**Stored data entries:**

=-=-=-=-=

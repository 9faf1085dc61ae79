-- ===== src/Http/Base64/RoundTrip.antt =====
-- `base64_decode` on what `bytes_to_base64` writes.
use Prim.Native.Nat.{bit_or}
use vtfs.Base.{
  ℕ, suc, ◌+◌, ◌-◌, ◌*◌, ◌/◌, ◌%◌, ◌≤◌, ◌<◌, ◌≡◌, refl, sym, ap, ◌∙◌, true, false, some, [], ◌∷◌,
  ◌++◌, append_assoc, append-nil, ◌==◌, ltb, arith,
}
use vtfs.Base.Int.{pos}
use vtfs.Base.Lists.{length, length-append, get_or}
use vtfs.Base.Strings.{Bytes}
use vtfs.Http.Base64.{sextet, encode, bytes_to_base64, put, decode, output_length, base64_decode}
use vtfs.Http.Base64.Digits.{first_byte, second_byte, third_byte, sextet-ne-pad}

-- Every element is the value of an `unsigned char`.
abbrev pub AreBytes : Bytes → Type 0
AreBytes [] = Unit
AreBytes (b ∷ bytes) = (b < 256) × AreBytes bytes

-- Four characters for every three bytes that are begun.
pub length-encode : (bytes : Bytes) → length (encode bytes) ≡ (length bytes + 2) / 3 * 4
unfolding encode
length-encode [] = refl
length-encode (a ∷ []) = refl
length-encode (a ∷ b ∷ []) = refl
length-encode (a ∷ b ∷ c ∷ rest) = omega (arith, length-encode rest)

module _ (capacity limit : ℕ) where
  put_ok :
      (byte : ℕ) (out : Bytes)
      → length out < limit
      → limit ≤ capacity
      → put capacity limit byte out ≡ some (out ++ byte ∷ [])
  put_ok byte out lt le = ground arith

  put_full : (byte : ℕ) (out : Bytes) → limit ≤ length out → put capacity limit byte out ≡ some out
  put_full byte out le = ground arith

  decode-encode :
      (bytes out : Bytes)
      → AreBytes bytes
      → limit ≡ length out + length bytes
      → limit ≤ capacity
      → decode capacity limit (encode bytes) out ≡ some (out ++ bytes)
  unfolding decode encode
  decode-encode [] out h e le = ap some (sym (append-nil out))
  decode-encode (a ∷ []) out (ha, _) e le =
      let full : limit ≤ length (out ++ a ∷ []) = omega (arith, length-append {0} out (a ∷ [])) in
      rw (first_byte a 0 0 ha (omega arith) (omega arith)) (
        rw (put_ok a out (omega arith) le)
          (rw (put_full _ (out ++ a ∷ []) full) (rw (put_full _ (out ++ a ∷ []) full))))
  decode-encode (a ∷ b ∷ []) out (ha, (hb, _)) e le =
      let out1 = out ++ a ∷ [] in
      let out2 = out1 ++ b ∷ [] in
      let n1 : length out1 ≡ length out + 1 = length-append out (a ∷ []) in
      let n2 : length out2 ≡ length out1 + 1 = length-append out1 (b ∷ []) in
      rw (first_byte a b 0 ha hb (omega arith), second_byte a b 0 ha hb (omega arith))
        (rw (put_ok a out (omega arith) le) (
          rw (put_ok b out1 (omega arith) le)
            (rw (put_full _ out2 (omega arith)) (ap some (append_assoc out (a ∷ []) (b ∷ []))))))
  decode-encode (a ∷ b ∷ c ∷ rest) out (ha, (hb, (hc, hr))) e le =
      let out1 = out ++ a ∷ [] in
      let out2 = out1 ++ b ∷ [] in
      let out3 = out2 ++ c ∷ [] in
      let n1 : length out1 ≡ length out + 1 = length-append out (a ∷ []) in
      let n2 : length out2 ≡ length out1 + 1 = length-append out1 (b ∷ []) in
      let n3 : length out3 ≡ length out2 + 1 = length-append out2 (c ∷ []) in
      rw (first_byte a b c ha hb hc, second_byte a b c ha hb hc, third_byte a b c ha hb hc)
        (rw (put_ok a out (omega arith) le) (
          rw (put_ok b out1 (omega arith) le) (
            rw (put_ok c out2 (omega arith) le)
              (decode-encode rest out3 hr (omega arith) le ∙ ap some (regroup out)))))
    where
      regroup : (u : Bytes) → ((u ++ a ∷ []) ++ b ∷ []) ++ c ∷ [] ++ rest ≡ u ++ a ∷ b ∷ c ∷ rest
      regroup u = simp append_assoc

-- Four more characters in front are three more bytes.
output_length_four :
    (p q r s : ℕ) (rest : Bytes)
    → 4 ≤ length rest
    → length rest % 4 ≡ 0
    → output_length (p ∷ q ∷ r ∷ s ∷ rest) ≡ 3 + output_length rest
unfolding output_length
output_length_four p q r s rest le whole =
    let n = length rest in
    let last : get_or (p ∷ q ∷ r ∷ s ∷ rest) (suc (suc (suc (suc n))) - 1) 0
        ≡ get_or rest (n - 1) 0 =
      shifted (n - 1) (omega arith) in
    let before : get_or (p ∷ q ∷ r ∷ s ∷ rest) (suc (suc (suc (suc n))) - 2) 0
        ≡ get_or rest (n - 2) 0 =
      shifted (n - 2) (omega arith) in
    ground (arith, last, before)
  where
    shifted :
        (k : ℕ) {i : ℕ}
        → i ≡ suc (suc (suc (suc k)))
        → get_or (p ∷ q ∷ r ∷ s ∷ rest) i 0 ≡ get_or rest k 0
    shifted k e = rw e

-- The length that the decoder takes from the padding is the number of the bytes.
pub output_length-encode : (bytes : Bytes) → output_length (encode bytes) ≡ length bytes
unfolding output_length encode
output_length-encode [] = refl
output_length-encode (a ∷ []) = refl
output_length-encode (a ∷ b ∷ []) = ground (arith, sextet-ne-pad (bit_or (b * 4) 0))
output_length-encode (a ∷ b ∷ c ∷ []) =
    ground (arith, sextet-ne-pad (bit_or (b * 4) (c / 64)), sextet-ne-pad c)
output_length-encode (a ∷ b ∷ c ∷ d ∷ rest) =
    let n : length (encode (d ∷ rest)) ≡ (length (d ∷ rest) + 2) / 3 * 4 =
      length-encode (d ∷ rest) in
    output_length_four (sextet (a / 4)) (sextet (bit_or (a * 16) (b / 16)))
      (sextet (bit_or (b * 4) (c / 64))) (sextet c) (encode (d ∷ rest)) (omega arith) (omega arith)
    ∙ ap (λ (k : ℕ). 3 + k) (output_length-encode (d ∷ rest))
    ∙ omega arith

-- Decoding what was encoded gives the bytes back, into any buffer that holds them.
pub decode-encode_round_trip :
    (bytes : Bytes) (base64_size capacity : ℕ)
    → AreBytes bytes
    → (length bytes + 2) / 3 * 4 < base64_size
    → length bytes ≤ capacity
    → ((bytes_to_base64 bytes base64_size).0 ≡ pos 0)
      × (base64_decode (bytes_to_base64 bytes base64_size).1 capacity ≡ some (pos 0, bytes))
unfolding bytes_to_base64 base64_decode
decode-encode_round_trip bytes base64_size capacity h room fits =
    let fits_in : ltb base64_size ((length bytes + 2) / 3 * 4 + 1) ≡ false = ground arith in
    let whole : (length (encode bytes) % 4 == 0) ≡ true = ground (arith, length-encode bytes) in
    let run = decode-encode capacity (length bytes) bytes [] h (omega arith) fits in
    (rw fits_in, rw fits_in (rw whole (rw (output_length-encode bytes) (rw run))))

=-=-=-=-=

**Task requirements:** The task calls for all the records above to be repeated exactly.

**Answer area:**
repository 9faf1085dc61ae79
-- ===== src/Http/Base64/RoundTrip.antt =====
-- `base64_decode` on what `bytes_to_base64` writes.
use Prim.Native.Nat.{bit_or}
use vtfs.Base.{
  ℕ, suc, ◌+◌, ◌-◌, ◌*◌, ◌/◌, ◌%◌, ◌≤◌, ◌<◌, ◌≡◌, refl, sym, ap, ◌∙◌, true, false, some, [], ◌∷◌,
  ◌++◌, append_assoc, append-nil, ◌==◌, ltb, arith,
}
use vtfs.Base.Int.{pos}
use vtfs.Base.Lists.{length, length-append, get_or}
use vtfs.Base.Strings.{Bytes}
use vtfs.Http.Base64.{sextet, encode, bytes_to_base64, put, decode, output_length, base64_decode}
use vtfs.Http.Base64.Digits.{first_byte, second_byte, third_byte, sextet-ne-pad}

-- Every element is the value of an `unsigned char`.
abbrev pub AreBytes : Bytes → Type 0
AreBytes [] = Unit
AreBytes (b ∷ bytes) = (b < 256) × AreBytes bytes

-- Four characters for every three bytes that are begun.
pub length-encode : (bytes : Bytes) → length (encode bytes) ≡ (length bytes + 2) / 3 * 4
unfolding encode
length-encode [] = refl
length-encode (a ∷ []) = refl
length-encode (a ∷ b ∷ []) = refl
length-encode (a ∷ b ∷ c ∷ rest) = omega (arith, length-encode rest)

module _ (capacity limit : ℕ) where
  put_ok :
      (byte : ℕ) (out : Bytes)
      → length out < limit
      → limit ≤ capacity
      → put capacity limit byte out ≡ some (out ++ byte ∷ [])
  put_ok byte out lt le = ground arith

  put_full : (byte : ℕ) (out : Bytes) → limit ≤ length out → put capacity limit byte out ≡ some out
  put_full byte out le = ground arith

  decode-encode :
      (bytes out : Bytes)
      → AreBytes bytes
      → limit ≡ length out + length bytes
      → limit ≤ capacity
      → decode capacity limit (encode bytes) out ≡ some (out ++ bytes)
  unfolding decode encode
  decode-encode [] out h e le = ap some (sym (append-nil out))
  decode-encode (a ∷ []) out (ha, _) e le =
      let full : limit ≤ length (out ++ a ∷ []) = omega (arith, length-append {0} out (a ∷ [])) in
      rw (first_byte a 0 0 ha (omega arith) (omega arith)) (
        rw (put_ok a out (omega arith) le)
          (rw (put_full _ (out ++ a ∷ []) full) (rw (put_full _ (out ++ a ∷ []) full))))
  decode-encode (a ∷ b ∷ []) out (ha, (hb, _)) e le =
      let out1 = out ++ a ∷ [] in
      let out2 = out1 ++ b ∷ [] in
      let n1 : length out1 ≡ length out + 1 = length-append out (a ∷ []) in
      let n2 : length out2 ≡ length out1 + 1 = length-append out1 (b ∷ []) in
      rw (first_byte a b 0 ha hb (omega arith), second_byte a b 0 ha hb (omega arith))
        (rw (put_ok a out (omega arith) le) (
          rw (put_ok b out1 (omega arith) le)
            (rw (put_full _ out2 (omega arith)) (ap some (append_assoc out (a ∷ []) (b ∷ []))))))
  decode-encode (a ∷ b ∷ c ∷ rest) out (ha, (hb, (hc, hr))) e le =
      let out1 = out ++ a ∷ [] in
      let out2 = out1 ++ b ∷ [] in
      let out3 = out2 ++ c ∷ [] in
      let n1 : length out1 ≡ length out + 1 = length-append out (a ∷ []) in
      let n2 : length out2 ≡ length out1 + 1 = length-append out1 (b ∷ []) in
      let n3 : length out3 ≡ length out2 + 1 = length-append out2 (c ∷ []) in
      rw (first_byte a b c ha hb hc, second_byte a b c ha hb hc, third_byte a b c ha hb hc)
        (rw (put_ok a out (omega arith) le) (
          rw (put_ok b out1 (omega arith) le) (
            rw (put_ok c out2 (omega arith) le)
              (decode-encode rest out3 hr (omega arith) le ∙ ap some (regroup out)))))
    where
      regroup : (u : Bytes) → ((u ++ a ∷ []) ++ b ∷ []) ++ c ∷ [] ++ rest ≡ u ++ a ∷ b ∷ c ∷ rest
      regroup u = simp append_assoc

-- Four more characters in front are three more bytes.
output_length_four :
    (p q r s : ℕ) (rest : Bytes)
    → 4 ≤ length rest
    → length rest % 4 ≡ 0
    → output_length (p ∷ q ∷ r ∷ s ∷ rest) ≡ 3 + output_length rest
unfolding output_length
output_length_four p q r s rest le whole =
    let n = length rest in
    let last : get_or (p ∷ q ∷ r ∷ s ∷ rest) (suc (suc (suc (suc n))) - 1) 0
        ≡ get_or rest (n - 1) 0 =
      shifted (n - 1) (omega arith) in
    let before : get_or (p ∷ q ∷ r ∷ s ∷ rest) (suc (suc (suc (suc n))) - 2) 0
        ≡ get_or rest (n - 2) 0 =
      shifted (n - 2) (omega arith) in
    ground (arith, last, before)
  where
    shifted :
        (k : ℕ) {i : ℕ}
        → i ≡ suc (suc (suc (suc k)))
        → get_or (p ∷ q ∷ r ∷ s ∷ rest) i 0 ≡ get_or rest k 0
    shifted k e = rw e

-- The length that the decoder takes from the padding is the number of the bytes.
pub output_length-encode : (bytes : Bytes) → output_length (encode bytes) ≡ length bytes
unfolding output_length encode
output_length-encode [] = refl
output_length-encode (a ∷ []) = refl
output_length-encode (a ∷ b ∷ []) = ground (arith, sextet-ne-pad (bit_or (b * 4) 0))
output_length-encode (a ∷ b ∷ c ∷ []) =
    ground (arith, sextet-ne-pad (bit_or (b * 4) (c / 64)), sextet-ne-pad c)
output_length-encode (a ∷ b ∷ c ∷ d ∷ rest) =
    let n : length (encode (d ∷ rest)) ≡ (length (d ∷ rest) + 2) / 3 * 4 =
      length-encode (d ∷ rest) in
    output_length_four (sextet (a / 4)) (sextet (bit_or (a * 16) (b / 16)))
      (sextet (bit_or (b * 4) (c / 64))) (sextet c) (encode (d ∷ rest)) (omega arith) (omega arith)
    ∙ ap (λ (k : ℕ). 3 + k) (output_length-encode (d ∷ rest))
    ∙ omega arith

-- Decoding what was encoded gives the bytes back, into any buffer that holds them.
pub decode-encode_round_trip :
    (bytes : Bytes) (base64_size capacity : ℕ)
    → AreBytes bytes
    → (length bytes + 2) / 3 * 4 < base64_size
    → length bytes ≤ capacity
    → ((bytes_to_base64 bytes base64_size).0 ≡ pos 0)
      × (base64_decode (bytes_to_base64 bytes base64_size).1 capacity ≡ some (pos 0, bytes))
unfolding bytes_to_base64 base64_decode
decode-encode_round_trip bytes base64_size capacity h room fits =
    let fits_in : ltb base64_size ((length bytes + 2) / 3 * 4 + 1) ≡ false = ground arith in
    let whole : (length (encode bytes) % 4 == 0) ≡ true = ground (arith, length-encode bytes) in
    let run = decode-encode capacity (length bytes) bytes [] h (omega arith) fits in
    (rw fits_in, rw fits_in (rw whole (rw (output_length-encode bytes) (rw run))))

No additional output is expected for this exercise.